Stored items:
· · · · ·

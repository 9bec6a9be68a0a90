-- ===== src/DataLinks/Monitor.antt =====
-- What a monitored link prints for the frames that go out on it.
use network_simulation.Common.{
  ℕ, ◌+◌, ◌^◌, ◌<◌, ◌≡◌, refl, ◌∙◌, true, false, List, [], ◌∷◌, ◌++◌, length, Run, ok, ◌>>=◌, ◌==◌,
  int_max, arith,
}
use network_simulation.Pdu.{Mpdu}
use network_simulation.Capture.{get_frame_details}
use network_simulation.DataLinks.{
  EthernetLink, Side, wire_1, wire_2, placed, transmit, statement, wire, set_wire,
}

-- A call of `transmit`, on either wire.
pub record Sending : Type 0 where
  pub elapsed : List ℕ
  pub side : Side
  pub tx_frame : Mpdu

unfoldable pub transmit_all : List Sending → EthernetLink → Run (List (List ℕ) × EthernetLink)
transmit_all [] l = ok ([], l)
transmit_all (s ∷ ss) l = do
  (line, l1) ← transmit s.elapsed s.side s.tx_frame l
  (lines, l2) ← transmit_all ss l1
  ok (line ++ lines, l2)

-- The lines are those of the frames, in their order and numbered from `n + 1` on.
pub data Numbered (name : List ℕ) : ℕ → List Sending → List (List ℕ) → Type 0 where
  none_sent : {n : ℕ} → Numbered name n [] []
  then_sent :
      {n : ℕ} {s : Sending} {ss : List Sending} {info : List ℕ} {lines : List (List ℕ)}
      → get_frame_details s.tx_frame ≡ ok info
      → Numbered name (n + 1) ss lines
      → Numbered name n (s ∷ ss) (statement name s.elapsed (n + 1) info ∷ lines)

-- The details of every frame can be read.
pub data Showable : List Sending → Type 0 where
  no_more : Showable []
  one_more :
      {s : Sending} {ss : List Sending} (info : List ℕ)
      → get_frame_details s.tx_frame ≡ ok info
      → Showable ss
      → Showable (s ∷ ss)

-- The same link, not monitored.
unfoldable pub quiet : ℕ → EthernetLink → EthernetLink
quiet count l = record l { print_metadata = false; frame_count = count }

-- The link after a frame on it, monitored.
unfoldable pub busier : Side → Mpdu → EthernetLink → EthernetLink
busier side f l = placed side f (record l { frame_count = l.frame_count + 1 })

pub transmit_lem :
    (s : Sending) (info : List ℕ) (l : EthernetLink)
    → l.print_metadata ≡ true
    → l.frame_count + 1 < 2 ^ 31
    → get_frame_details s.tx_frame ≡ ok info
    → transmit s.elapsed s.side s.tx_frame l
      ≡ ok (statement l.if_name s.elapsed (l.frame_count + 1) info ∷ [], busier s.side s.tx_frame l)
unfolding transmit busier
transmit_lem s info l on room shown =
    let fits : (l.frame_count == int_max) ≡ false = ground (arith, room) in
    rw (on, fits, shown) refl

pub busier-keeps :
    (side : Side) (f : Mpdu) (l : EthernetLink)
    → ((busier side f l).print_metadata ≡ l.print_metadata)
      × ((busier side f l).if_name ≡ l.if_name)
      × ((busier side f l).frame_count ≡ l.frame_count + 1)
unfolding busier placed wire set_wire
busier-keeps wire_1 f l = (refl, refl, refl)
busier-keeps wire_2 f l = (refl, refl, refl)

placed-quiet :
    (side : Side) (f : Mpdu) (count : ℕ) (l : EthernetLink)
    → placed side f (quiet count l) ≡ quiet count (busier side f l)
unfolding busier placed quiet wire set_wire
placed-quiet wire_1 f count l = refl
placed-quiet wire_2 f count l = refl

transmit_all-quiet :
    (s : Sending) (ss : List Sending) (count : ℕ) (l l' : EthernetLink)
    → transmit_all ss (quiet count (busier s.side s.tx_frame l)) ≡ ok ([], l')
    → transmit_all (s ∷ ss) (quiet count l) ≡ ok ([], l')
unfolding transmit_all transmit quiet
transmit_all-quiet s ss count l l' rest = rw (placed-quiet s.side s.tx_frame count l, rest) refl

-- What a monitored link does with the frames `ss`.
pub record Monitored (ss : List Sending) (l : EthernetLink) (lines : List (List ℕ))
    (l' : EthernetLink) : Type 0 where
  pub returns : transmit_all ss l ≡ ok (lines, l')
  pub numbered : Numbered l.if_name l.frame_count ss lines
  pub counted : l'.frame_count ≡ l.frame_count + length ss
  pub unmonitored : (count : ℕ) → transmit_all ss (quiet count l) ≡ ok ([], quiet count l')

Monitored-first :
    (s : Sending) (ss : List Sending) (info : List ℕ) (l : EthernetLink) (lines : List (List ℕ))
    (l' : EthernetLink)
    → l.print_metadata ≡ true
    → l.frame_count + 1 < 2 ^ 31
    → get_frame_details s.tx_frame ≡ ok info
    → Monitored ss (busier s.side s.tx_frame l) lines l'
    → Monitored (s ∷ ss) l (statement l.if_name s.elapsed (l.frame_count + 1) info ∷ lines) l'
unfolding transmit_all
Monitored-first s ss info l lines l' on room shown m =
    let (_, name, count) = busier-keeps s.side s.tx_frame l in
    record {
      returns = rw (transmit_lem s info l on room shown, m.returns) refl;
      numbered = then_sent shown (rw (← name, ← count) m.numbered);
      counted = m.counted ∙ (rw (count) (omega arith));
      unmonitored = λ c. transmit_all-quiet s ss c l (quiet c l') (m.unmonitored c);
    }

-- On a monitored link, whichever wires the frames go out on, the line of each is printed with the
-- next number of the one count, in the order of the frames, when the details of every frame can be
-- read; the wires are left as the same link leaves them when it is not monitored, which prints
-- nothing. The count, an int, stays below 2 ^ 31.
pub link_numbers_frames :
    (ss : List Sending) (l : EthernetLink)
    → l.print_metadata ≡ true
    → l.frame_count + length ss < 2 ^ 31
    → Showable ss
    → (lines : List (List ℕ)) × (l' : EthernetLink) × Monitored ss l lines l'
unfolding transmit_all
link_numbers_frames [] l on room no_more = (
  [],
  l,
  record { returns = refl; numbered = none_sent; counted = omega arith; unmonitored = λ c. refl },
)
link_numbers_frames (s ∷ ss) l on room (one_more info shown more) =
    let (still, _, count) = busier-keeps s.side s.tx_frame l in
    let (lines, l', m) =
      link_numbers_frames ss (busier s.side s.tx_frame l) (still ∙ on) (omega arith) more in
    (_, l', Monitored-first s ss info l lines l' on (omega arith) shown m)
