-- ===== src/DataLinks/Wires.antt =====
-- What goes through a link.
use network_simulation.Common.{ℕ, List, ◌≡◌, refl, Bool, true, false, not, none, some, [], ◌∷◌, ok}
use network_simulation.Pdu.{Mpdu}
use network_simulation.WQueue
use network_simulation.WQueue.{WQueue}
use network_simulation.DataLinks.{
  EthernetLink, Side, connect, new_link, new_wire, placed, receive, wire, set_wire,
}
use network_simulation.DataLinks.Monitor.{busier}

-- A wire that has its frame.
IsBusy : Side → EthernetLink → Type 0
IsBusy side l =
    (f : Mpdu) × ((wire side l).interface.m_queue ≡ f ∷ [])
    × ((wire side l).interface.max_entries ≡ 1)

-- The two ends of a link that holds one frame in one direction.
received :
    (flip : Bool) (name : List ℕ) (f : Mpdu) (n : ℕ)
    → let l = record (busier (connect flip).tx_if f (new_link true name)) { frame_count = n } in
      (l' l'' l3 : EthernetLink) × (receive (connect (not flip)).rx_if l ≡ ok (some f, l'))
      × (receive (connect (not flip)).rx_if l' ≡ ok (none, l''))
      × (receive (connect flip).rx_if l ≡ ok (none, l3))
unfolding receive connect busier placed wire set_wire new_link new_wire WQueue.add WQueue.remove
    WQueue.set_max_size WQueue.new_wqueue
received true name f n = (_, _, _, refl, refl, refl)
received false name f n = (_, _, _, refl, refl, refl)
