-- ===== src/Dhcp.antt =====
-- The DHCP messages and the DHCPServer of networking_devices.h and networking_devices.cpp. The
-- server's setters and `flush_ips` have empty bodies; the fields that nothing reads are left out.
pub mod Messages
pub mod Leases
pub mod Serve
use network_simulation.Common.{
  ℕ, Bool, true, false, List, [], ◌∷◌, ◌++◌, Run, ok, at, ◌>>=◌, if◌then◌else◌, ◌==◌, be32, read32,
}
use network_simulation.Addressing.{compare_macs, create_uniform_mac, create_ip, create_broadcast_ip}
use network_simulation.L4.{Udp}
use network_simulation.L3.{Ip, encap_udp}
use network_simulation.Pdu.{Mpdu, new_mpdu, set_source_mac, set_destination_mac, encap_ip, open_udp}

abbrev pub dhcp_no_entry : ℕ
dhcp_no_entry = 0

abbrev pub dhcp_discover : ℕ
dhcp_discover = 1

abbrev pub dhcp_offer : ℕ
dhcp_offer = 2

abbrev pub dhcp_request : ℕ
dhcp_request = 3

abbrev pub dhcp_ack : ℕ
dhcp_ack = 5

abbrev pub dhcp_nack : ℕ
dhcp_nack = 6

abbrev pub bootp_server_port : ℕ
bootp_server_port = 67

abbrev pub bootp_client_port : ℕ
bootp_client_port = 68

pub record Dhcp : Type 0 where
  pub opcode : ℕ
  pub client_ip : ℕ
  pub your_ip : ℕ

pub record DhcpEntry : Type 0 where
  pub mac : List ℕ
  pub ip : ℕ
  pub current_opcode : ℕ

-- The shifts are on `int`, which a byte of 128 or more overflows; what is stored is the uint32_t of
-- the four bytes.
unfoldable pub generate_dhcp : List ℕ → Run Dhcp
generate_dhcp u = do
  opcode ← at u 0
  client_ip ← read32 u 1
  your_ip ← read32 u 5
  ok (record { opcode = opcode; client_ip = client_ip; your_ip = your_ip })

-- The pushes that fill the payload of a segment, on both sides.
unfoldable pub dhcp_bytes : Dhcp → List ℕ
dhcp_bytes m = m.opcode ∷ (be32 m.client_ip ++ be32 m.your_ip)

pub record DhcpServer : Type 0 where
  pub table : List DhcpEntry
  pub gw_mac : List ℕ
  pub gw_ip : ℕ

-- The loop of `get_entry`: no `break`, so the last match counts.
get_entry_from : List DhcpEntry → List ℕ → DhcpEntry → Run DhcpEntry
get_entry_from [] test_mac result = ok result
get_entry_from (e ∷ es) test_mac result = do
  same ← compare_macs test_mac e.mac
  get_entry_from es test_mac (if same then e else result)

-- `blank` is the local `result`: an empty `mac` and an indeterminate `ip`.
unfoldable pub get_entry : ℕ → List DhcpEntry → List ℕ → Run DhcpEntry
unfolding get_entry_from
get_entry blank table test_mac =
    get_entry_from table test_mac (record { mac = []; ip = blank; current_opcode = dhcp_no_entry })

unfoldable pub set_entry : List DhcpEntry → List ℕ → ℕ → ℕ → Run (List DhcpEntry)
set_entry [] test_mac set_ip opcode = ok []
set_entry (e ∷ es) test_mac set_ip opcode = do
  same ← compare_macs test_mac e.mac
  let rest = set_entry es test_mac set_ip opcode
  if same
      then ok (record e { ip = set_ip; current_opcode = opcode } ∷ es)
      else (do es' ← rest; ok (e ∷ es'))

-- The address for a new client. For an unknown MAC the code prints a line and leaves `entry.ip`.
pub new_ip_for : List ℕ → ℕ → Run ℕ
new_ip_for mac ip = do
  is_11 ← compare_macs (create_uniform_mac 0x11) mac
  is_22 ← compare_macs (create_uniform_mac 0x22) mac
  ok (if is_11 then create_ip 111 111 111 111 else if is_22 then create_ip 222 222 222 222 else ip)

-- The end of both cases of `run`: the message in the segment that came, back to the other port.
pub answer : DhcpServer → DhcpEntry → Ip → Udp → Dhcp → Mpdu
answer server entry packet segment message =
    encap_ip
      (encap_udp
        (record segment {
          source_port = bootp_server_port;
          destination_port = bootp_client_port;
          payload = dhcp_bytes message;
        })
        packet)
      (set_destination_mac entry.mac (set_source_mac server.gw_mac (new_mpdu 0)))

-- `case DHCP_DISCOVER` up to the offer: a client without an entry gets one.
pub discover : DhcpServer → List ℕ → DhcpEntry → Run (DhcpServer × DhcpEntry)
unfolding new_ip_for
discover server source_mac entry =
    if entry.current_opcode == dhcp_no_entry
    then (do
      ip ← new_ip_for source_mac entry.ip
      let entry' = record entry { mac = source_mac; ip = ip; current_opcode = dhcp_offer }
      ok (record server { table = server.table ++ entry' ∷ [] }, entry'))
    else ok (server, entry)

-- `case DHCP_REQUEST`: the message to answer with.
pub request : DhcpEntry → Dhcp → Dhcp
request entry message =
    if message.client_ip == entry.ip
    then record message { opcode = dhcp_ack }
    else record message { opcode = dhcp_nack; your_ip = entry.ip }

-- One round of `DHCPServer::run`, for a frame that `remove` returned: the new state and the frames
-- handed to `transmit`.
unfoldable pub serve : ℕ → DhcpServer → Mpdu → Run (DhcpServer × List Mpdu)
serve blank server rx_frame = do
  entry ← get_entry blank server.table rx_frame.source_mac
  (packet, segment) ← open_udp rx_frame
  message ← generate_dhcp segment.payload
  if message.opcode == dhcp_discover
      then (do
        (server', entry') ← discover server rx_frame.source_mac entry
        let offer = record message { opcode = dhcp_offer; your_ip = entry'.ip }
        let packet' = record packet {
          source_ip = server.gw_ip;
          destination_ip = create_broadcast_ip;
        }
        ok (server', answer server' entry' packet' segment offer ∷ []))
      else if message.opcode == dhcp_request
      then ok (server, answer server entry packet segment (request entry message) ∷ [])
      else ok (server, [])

· · · · ·

◆ WORK TO BE COMPLETED: Please write out the lines that run from the one with "else record message" to the end of the records, both included, exactly as they appear.

◆ RESULT FOR THIS TASK:
    else record message { opcode = dhcp_nack; your_ip = entry.ip }

-- One round of `DHCPServer::run`, for a frame that `remove` returned: the new state and the frames
-- handed to `transmit`.
unfoldable pub serve : ℕ → DhcpServer → Mpdu → Run (DhcpServer × List Mpdu)
serve blank server rx_frame = do
  entry ← get_entry blank server.table rx_frame.source_mac
  (packet, segment) ← open_udp rx_frame
  message ← generate_dhcp segment.payload
  if message.opcode == dhcp_discover
      then (do
        (server', entry') ← discover server rx_frame.source_mac entry
        let offer = record message { opcode = dhcp_offer; your_ip = entry'.ip }
        let packet' = record packet {
          source_ip = server.gw_ip;
          destination_ip = create_broadcast_ip;
        }
        ok (server', answer server' entry' packet' segment offer ∷ []))
      else if message.opcode == dhcp_request
      then ok (server, answer server entry packet segment (request entry message) ∷ [])
      else ok (server, [])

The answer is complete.